Yes you can add the airlock at the beginning but you are taking a chance. I prefer to make sure my yeasties are very happy and I'll give them the best environment that I can. That means letting them have at it with the oxygen Once fermentation slows down and gets around 1.01 then I will add the airlock.


----------



## ShelleyDickison (Oct 31, 2012)

Julie: is there an advantage to using heated must over using just water and how would that apply to kits. Would you make the kit per instruction then take some out and heat it or use some of the water you normally would add to the kit (going on the assumption you wanted to up the ABV ex Mist or Breezin kit). Also is it alright to just sit the lid on top for the kits and then at a specific SG snap down and airlock (I am going on the premise you do not have to do a daily stirring on kits. Haven't found that answer yet and it's not mentioned in the kit instructions so I haven't been doing it). Thanks Shelley


----------



## Julie (Oct 31, 2012)

ShelleyDickison said:


> Julie: is there an advantage to using heated must over using just water and how would that apply to kits. Would you make the kit per instruction then take some out and heat it or use some of the water you normally would add to the kit (going on the assumption you wanted to up the ABV ex Mist or Breezin kit). Also is it alright to just sit the lid on top for the kits and then at a specific SG snap down and airlock (I am going on the premise you do not have to do a daily stirring on kits.
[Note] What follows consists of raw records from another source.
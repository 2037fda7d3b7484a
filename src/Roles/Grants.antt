-- ===== src/Roles/Grants.antt =====
-- What a change of a role's permissions means to its members (apps/backend/src/modules/roles and the
-- permission lookup of apps/backend/src/modules/permissions).
use shipment_tracking_system.Prelude.{
  Option, All, All-In, String, true, false, ◌≡◌, refl, sym, ◌∙◌, ap, some, List, [], ◌∷◌, ◌++◌, In,
  map, filter, In-map, In-map_cases, In-append_cases, In-append_right_of, In-filter,
  In-filter_cases, In-concat_map, In-concat_map_cases, delete_rows, not, ◌==◌, ==_iff, ==_refl,
  ◌&&◌, inl, inr, ◌↔◌, ok, arith, Option-cases, is_ok,
}
use mathlib.Core.List.{append-nil, append_assoc}
use shipment_tracking_system.Identity.{
  Uuid, Role, UserRole, RolePermission, PermissionEntity, Store, Platform, PlatformLaws,
}
use shipment_tracking_system.Auth.{query_permissions}
use shipment_tracking_system.Roles.{
  entry, is_in, insert_entries, assign_permissions, has_repeats, check_permissions,
}
use shipment_tracking_system.Roles.Writes.{loaded_cases}

-- The permissions of a role.
abbrev entries_of : Uuid → List RolePermission → List RolePermission
entries_of k t = filter (λ rp. rp.role_id == k) t

module _ (p : Platform) (laws : PlatformLaws p) where
  insert_entries_lem :
      (id : Uuid) (ids : List Uuid) (t : List RolePermission)
      → insert_entries p id ids t ≡ t ++ map (entry id) ids
  insert_entries_lem id [] t = sym (append-nil t)
  insert_entries_lem id (k ∷ ids) t =
      insert_entries_lem id ids (p.orm.insert RolePermission (entry id k) t)
      ∙ ap (λ u. u ++ map (entry id) ids) (laws.orm_laws.insert_lem RolePermission (entry id k) t)
      ∙ append_assoc t (entry id k ∷ []) (map (entry id) ids)

  -- A row that meets the test is found, whichever it is.
  loaded :
      (id : Uuid) (org : Option Uuid) (s : Store) (r : Role)
      → In r s.roles
      → r.id ≡ id
      → is_in org r ≡ true
      → (v : Role) × (p.orm.find_one Role (λ r. r.id == id && is_in org r) s.roles ≡ some v)
        × (v.id ≡ id)
  loaded id org s r m e o = elim (loaded_cases p laws id org s) [
    | inl missing ↦
        let none_left = laws.orm_laws.find_one_none Role _ s.roles missing in
        let not_it = All-In (λ v. (v.id == id && is_in org v) ≡ false) r s.roles none_left m in
        absurd (ground (arith, not_it, e, o))
    | inr (v, found, _, is_id, _) ↦ (v, found, is_id)
  ]

  -- The loop passes where every permission exists.
  check_permissions_ok :
      (ids : List Uuid) (s : Store)
      → All (λ k. (q : PermissionEntity) × In q s.permissions × (q.id ≡ k)) ids
      → check_permissions p ids s ≡ (ok tt, s)
  unfolding check_permissions
  check_permissions_ok [] s h = refl
  check_permissions_ok (k ∷ ids) s ((q, m, e), h) =
      let rest = check_permissions_ok ids s h in
      elim (Option-cases (p.orm.find_one PermissionEntity (λ q. q.id == k) s.permissions)) [
        | inl missing ↦
            let none_left = laws.orm_laws.find_one_none PermissionEntity _ s.permissions missing in
            let not_it = All-In (λ v. (v.id == k) ≡ false) q s.permissions none_left m in
            absurd (ground (arith, not_it, e))
        | inr (v, found) ↦ ground (arith, found, rest)
      ]

  -- What an accepted assignment leaves.
  assign_permissions_lem :
      (id : Uuid) (ids : List Uuid) (org : Option Uuid) (actor : Uuid) (s : Store) (r : Role)
      → has_repeats ids ≡ false
      → (p.orm.find_one Role (λ r. r.id == id && is_in org r) s.roles ≡ some r)
      → r.id ≡ id
      → check_permissions p ids s ≡ (ok tt, s)
      → let done = assign_permissions p id ids org actor s in
        (is_ok done.0 ≡ true)
        × (done.1.role_permissions
            ≡ delete_rows (λ rp. rp.role_id == id) s.role_permissions ++ map (entry id) ids)
        × (done.1.user_roles ≡ s.user_roles)
        × (done.1.permissions ≡ s.permissions)
  unfolding assign_permissions
  assign_permissions_lem id ids org actor s r distinct found is_id passed =
      let table = p.orm.delete RolePermission (λ rp. rp.role_id == r.id) s.role_permissions in
      let wrote =
        laws.orm_laws.delete_lem RolePermission (λ rp. rp.role_id == r.id) s.role_permissions in
      let step : (assign_permissions p id ids org actor s).1.role_permissions
          ≡ insert_entries p r.id ids table =
        ground (arith, found, passed, distinct) in
      let ends =
        insert_entries_lem r.id ids table
        ∙ ap (λ t. t ++ map (entry r.id) ids) wrote
        ∙ ap (λ k. delete_rows (λ rp. rp.role_id == k) s.role_permissions ++ map (entry k) ids)
            is_id in
      (
        ground (arith, found, passed, distinct),
        step ∙ ends,
        ground (arith, found, passed, distinct),
        ground (arith, found, passed, distinct),
      )

-- The only grants of the user in the organization are of the role.
abbrev pub HasOnly : Uuid → Uuid → Uuid → Store → Type 0
HasOnly user org role_id s =
    ((ur : UserRole) × In ur s.user_roles
      × (ur.user_id ≡ user)
      × (ur.organization_id ≡ org)
      × (ur.role_id ≡ role_id))
    × All (λ v. v.user_id ≡ user → v.organization_id ≡ org → v.role_id ≡ role_id) s.user_roles

-- One of the permissions of `ids` has the name.
abbrev pub IsNamed : String → List Uuid → Store → Type 0
IsNamed name ids s = (q : PermissionEntity) × In q s.permissions × In q.id ids × (q.name ≡ name)

module _ (id user org : Uuid) (ids : List Uuid) (name : String) (s t : Store)
    (entries : t.role_permissions
      ≡ delete_rows (λ rp. rp.role_id == id) s.role_permissions ++ map (entry id) ids)
    (members : t.user_roles ≡ s.user_roles) (names : t.permissions ≡ s.permissions)
    (only : HasOnly user org id s) where
  entry_of :
      (rp : RolePermission)
      → In rp (delete_rows (λ v. v.role_id == id) s.role_permissions ++ map (entry id) ids)
      → rp.role_id ≡ id
      → (k : Uuid) × In k ids × (rp ≡ entry id k)
  entry_of rp m e =
      elim (In-append_cases rp (delete_rows (λ v. v.role_id == id) s.role_permissions)
        (map (entry id) ids) m) [
          | inl old ↦
              let (_, other) =
                In-filter_cases (λ v. not (v.role_id == id)) rp s.role_permissions old in
              absurd (ground (arith, e, other))
          | inr new ↦ In-map_cases (entry id) rp ids new
        ]

  granted-IsNamed : In name (query_permissions user org t) → IsNamed name ids s
  unfolding query_permissions
  granted-IsNamed m =
      let (ur, um, c) = In-concat_map_cases _ name _ m in
      let (ur_in, mine) =
        In-filter_cases (λ v. v.user_id == user && v.organization_id == org) ur t.user_roles um in
      let is_role =
        All-In (λ v. v.user_id ≡ user → v.organization_id ≡ org → v.role_id ≡ id) ur s.user_roles
          only.1 (rw (← members) ur_in) (ground (arith, mine)) (ground (arith, mine)) in
      let (rp, rm, d) = In-concat_map_cases _ name _ c in
      let (rp_in, of_role) =
        In-filter_cases (λ v. v.role_id == ur.role_id) rp t.role_permissions rm in
      let (k, k_in, at) = entry_of rp (rw (← entries) rp_in) (ground (arith, of_role, is_role)) in
      let (q, qm, e) = In-map_cases _ name _ d in
      let (q_in, is) = In-filter_cases (λ v. v.id == rp.permission_id) q t.permissions qm in
      let here : rp.permission_id ≡ k = ap (λ v. v.permission_id) at in
      let is_q : q.id ≡ rp.permission_id = (==_iff _ _).0 is in
      let is_k : q.id ≡ k = is_q ∙ here in (q, rw (← names) q_in, rw is_k k_in, sym e)

  IsNamed-granted : IsNamed name ids s → In name (query_permissions user org t)
  unfolding query_permissions
  IsNamed-granted (q, qm, k, e) =
      let (ur, ur_in, u, o, r) = only.0 in
      let rp = entry id q.id in
      let rp_in : In rp t.role_permissions = rw entries (
        In-append_right_of rp (delete_rows (λ v. v.role_id == id) s.role_permissions)
          (map (entry id) ids) (In-map (entry id) q.id ids k)) in
      let ur_in' : In ur t.user_roles = rw members ur_in in
      let q_in : In q t.permissions = rw names qm in
      In-concat_map _ ur name _
        (In-filter (λ v. v.user_id == user && v.organization_id == org) ur t.user_roles ur_in'
          (ground (arith, u, o)))
        (In-concat_map _ rp name _
          (In-filter (λ v. v.role_id == ur.role_id) rp t.role_permissions rp_in (ground (arith, r)))
          (rw (← e) (
            In-map (λ v. v.name) q _
              (In-filter (λ v. v.id == q.id) q t.permissions q_in (==_refl q.id)))))

-- An assignment of existing permissions, without repeats, to a role of the caller's organization, or
-- to any role by a caller without an organization, as a super admin is, is
-- accepted; a user whose only grants in an organization are of that role then has a permission name
-- there if and only if it names one of those permissions, whatever the role allowed before.
pub assign_permissions_iff :
    (p : Platform) (laws : PlatformLaws p) (role : Role) (ids : List Uuid) (caller : Option Uuid)
    (actor user org : Uuid) (name : String) (s : Store)
    → In role s.roles
    → is_in caller role ≡ true
    → has_repeats ids ≡ false
    → All (λ k. (q : PermissionEntity) × In q s.permissions × (q.id ≡ k)) ids
    → HasOnly user org role.id s
    → let done = assign_permissions p role.id ids caller actor s in
      (is_ok done.0 ≡ true) × (In name (query_permissions user org done.1) ↔ IsNamed name ids s)
assign_permissions_iff p laws role ids caller actor user org name s m scope distinct exist only =
    let (v, found, is_id) = loaded p laws role.id caller s role m refl scope in
    let t = (assign_permissions p role.id ids caller actor s).1 in
    let (accepted, entries, members, names) =
      assign_permissions_lem p laws role.id ids caller actor s v distinct found is_id
        (check_permissions_ok p laws ids s exist) in
    (
      accepted,
      (
        granted-IsNamed role.id user org ids name s t entries members names only,
        IsNamed-granted role.id user org ids name s t entries members names only,
      ),
    )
Haven't found that answer yet and it's not mentioned in the kit instructions so I haven't been doing it). Thanks Shelley


 
For the kits, I would follow the instructions. If you are looking at upping the abv, then use the f-pac that comes with the kit. I would start with 1/2 of the fpac, take a reading. Get the sg up to 1.080. And yes I always lay the lid and actually lay a towel over the lid until sg is around 1.010 and snap down the lid. And I think I would do daily stirring. And I do believe did when I did kits, sorry haven't done one for quite awhile.

Hope this answers your questions.


----------



## Tom_S (Nov 1, 2012)

Julie, I make 5 gallon batches too, and it really doesn't take long for the sugar to dissolve as long as you add about a cup at a time and stir it in well. I always wait for it to dissolve before taking hydrometer readings or tasting if I'm backsweetening.

I don't think there's much chance of a stuck fermentation from adding an airlock on the primary. I know there's been a bit of controversy as to whether or not it's OK to do that, with some people doing it, some not. I personally don't think it's going to hurt anything as long as you do it after a strong fermentation is underway. After I add yeast, I will leave a paper towel in the neck of the primary jug, and once the must is bubbling like freshly-opened champagne I add the airlock. I don't think it's going to hurt anything because when it's bubbling that vigorously a strong fermentation has taken off and the yeast tend to not need much oxygen by that time. Also, all the CO2 being released pushes any oxygen out of the fermentation vessel and keeps it away from the must anyway, so the yeast couldn't get oxygen from the air even if they wanted to at that point. So it's not going to hurt a thing by adding an airlock. I've been doing it this way for years and not once have I had a stuck fermentation.


----------



## crooked cork (Mar 27, 2018)

I used 10 cans of frozen grape concentrate to make a batch and then 4 cans to back sweeten. easy to drink right away and it fabulous after a year of aging.


----------



## Scooter68 (Apr 2, 2018)

At the risk of being picky - A starting SG of 1.098 has a potential ABV of 14.18 (I Always assume ferment goes completely dry at .990). For some that might be a bit much for a simple red. Again a bit picky but for a beginner that ABV might be more than they want.


----------